• **The task**
The entries below contain a stretch that opens with the line containing "-- Whether the" and closes with the line containing "unfolding get_default_football_markets find_default_market_spec"; set down that stretch exactly, both ends included, and nothing else.
━━━ Data in this exercise ━━━
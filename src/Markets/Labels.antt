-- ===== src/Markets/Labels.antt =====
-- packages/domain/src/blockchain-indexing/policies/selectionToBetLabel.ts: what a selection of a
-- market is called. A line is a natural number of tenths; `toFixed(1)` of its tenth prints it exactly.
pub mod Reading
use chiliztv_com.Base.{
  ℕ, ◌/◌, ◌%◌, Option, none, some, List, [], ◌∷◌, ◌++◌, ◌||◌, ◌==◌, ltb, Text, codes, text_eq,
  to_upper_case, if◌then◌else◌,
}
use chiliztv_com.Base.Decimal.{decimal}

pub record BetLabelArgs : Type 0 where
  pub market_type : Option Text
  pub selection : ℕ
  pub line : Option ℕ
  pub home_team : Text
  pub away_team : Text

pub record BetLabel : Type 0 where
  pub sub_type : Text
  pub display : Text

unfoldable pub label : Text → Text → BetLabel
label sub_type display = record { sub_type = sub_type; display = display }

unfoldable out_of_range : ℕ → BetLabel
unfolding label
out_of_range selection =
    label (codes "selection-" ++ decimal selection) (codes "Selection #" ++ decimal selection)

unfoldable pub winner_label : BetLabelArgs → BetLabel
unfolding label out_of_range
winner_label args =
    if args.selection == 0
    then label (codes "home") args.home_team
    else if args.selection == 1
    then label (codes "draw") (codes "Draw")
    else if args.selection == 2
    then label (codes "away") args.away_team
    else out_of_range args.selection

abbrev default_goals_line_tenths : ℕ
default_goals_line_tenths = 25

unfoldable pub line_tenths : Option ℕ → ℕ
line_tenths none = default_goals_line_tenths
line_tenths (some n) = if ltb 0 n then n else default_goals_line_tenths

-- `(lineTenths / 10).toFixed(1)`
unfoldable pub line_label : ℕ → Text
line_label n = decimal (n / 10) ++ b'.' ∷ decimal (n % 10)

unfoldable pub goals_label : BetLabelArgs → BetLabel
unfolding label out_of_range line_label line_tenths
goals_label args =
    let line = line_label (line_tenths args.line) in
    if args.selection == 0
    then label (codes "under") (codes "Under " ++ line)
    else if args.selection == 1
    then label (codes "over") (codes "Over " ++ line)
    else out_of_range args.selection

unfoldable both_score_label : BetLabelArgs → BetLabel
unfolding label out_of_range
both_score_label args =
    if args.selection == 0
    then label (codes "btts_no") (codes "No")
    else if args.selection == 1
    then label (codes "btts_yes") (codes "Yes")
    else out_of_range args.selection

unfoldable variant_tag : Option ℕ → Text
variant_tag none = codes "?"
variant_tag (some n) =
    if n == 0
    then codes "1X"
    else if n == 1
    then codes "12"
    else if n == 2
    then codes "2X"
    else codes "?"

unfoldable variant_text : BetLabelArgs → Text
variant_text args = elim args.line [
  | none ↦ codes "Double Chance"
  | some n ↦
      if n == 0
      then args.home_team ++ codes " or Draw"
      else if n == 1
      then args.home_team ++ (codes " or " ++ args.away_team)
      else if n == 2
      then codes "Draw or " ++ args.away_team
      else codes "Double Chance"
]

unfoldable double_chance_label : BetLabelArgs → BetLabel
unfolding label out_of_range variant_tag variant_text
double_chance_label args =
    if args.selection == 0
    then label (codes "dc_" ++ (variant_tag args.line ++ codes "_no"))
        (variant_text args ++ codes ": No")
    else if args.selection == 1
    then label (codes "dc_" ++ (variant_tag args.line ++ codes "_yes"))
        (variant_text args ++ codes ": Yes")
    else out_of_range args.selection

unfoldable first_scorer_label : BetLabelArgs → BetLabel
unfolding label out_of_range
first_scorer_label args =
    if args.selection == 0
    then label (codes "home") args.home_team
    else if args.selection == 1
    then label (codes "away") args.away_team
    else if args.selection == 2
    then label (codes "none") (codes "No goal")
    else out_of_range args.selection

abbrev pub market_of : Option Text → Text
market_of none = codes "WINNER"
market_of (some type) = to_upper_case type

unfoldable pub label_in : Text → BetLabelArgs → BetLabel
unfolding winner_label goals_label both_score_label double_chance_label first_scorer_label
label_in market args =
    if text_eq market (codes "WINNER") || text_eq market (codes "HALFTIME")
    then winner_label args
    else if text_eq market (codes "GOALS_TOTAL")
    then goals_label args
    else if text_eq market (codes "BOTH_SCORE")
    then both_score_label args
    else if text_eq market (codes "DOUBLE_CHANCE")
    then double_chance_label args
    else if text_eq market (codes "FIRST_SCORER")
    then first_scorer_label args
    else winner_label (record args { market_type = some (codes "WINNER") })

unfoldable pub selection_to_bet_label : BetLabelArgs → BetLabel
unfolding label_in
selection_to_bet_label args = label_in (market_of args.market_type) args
━━━
━━━ Data in this exercise ━━━
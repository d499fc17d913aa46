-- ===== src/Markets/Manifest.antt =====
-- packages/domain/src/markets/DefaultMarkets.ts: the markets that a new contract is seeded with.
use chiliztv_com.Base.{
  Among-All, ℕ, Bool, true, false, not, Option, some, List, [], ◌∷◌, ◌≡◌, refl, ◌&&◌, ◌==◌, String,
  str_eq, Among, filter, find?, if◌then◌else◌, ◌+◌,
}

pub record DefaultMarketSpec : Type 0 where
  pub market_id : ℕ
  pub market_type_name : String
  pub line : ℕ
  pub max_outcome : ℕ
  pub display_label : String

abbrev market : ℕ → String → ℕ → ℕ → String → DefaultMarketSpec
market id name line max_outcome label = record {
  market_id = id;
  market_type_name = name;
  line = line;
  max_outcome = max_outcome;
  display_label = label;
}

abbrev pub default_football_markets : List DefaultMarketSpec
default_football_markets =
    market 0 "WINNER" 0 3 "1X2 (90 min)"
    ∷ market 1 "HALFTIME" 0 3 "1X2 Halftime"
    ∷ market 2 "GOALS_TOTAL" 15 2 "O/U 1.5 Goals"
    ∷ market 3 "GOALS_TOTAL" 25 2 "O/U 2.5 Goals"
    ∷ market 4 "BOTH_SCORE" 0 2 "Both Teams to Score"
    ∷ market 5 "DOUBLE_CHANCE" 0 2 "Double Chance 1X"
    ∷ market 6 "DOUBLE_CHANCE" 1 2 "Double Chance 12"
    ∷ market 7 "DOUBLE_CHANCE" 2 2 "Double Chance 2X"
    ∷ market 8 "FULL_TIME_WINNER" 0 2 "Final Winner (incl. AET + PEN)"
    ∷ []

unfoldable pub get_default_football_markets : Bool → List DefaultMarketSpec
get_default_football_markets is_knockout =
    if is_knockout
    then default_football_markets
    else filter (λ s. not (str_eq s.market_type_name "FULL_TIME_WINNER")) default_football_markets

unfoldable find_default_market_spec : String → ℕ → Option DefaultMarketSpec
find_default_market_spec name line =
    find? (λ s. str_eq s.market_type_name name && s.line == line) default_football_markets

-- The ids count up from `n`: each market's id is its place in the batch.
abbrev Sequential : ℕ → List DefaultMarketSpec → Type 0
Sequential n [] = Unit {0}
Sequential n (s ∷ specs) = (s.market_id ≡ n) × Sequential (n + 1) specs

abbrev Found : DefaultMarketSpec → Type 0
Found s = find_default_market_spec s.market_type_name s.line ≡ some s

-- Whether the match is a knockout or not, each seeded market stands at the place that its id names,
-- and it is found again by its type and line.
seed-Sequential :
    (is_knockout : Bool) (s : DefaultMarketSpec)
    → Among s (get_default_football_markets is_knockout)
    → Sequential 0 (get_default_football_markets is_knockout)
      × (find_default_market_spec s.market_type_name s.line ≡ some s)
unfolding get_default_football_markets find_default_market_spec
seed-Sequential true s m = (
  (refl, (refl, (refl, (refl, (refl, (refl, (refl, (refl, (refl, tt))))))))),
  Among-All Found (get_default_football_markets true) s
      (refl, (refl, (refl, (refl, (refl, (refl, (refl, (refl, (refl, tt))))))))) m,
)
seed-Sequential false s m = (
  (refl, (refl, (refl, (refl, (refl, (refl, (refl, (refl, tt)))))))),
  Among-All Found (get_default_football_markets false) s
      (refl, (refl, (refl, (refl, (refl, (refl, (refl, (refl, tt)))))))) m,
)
━━━
• **Response**
-- Whether the match is a knockout or not, each seeded market stands at the place that its id names,
-- and it is found again by its type and line.
seed-Sequential :
    (is_knockout : Bool) (s : DefaultMarketSpec)
    → Among s (get_default_football_markets is_knockout)
    → Sequential 0 (get_default_football_markets is_knockout)
      × (find_default_market_spec s.market_type_name s.line ≡ some s)
unfolding get_default_football_markets find_default_market_spec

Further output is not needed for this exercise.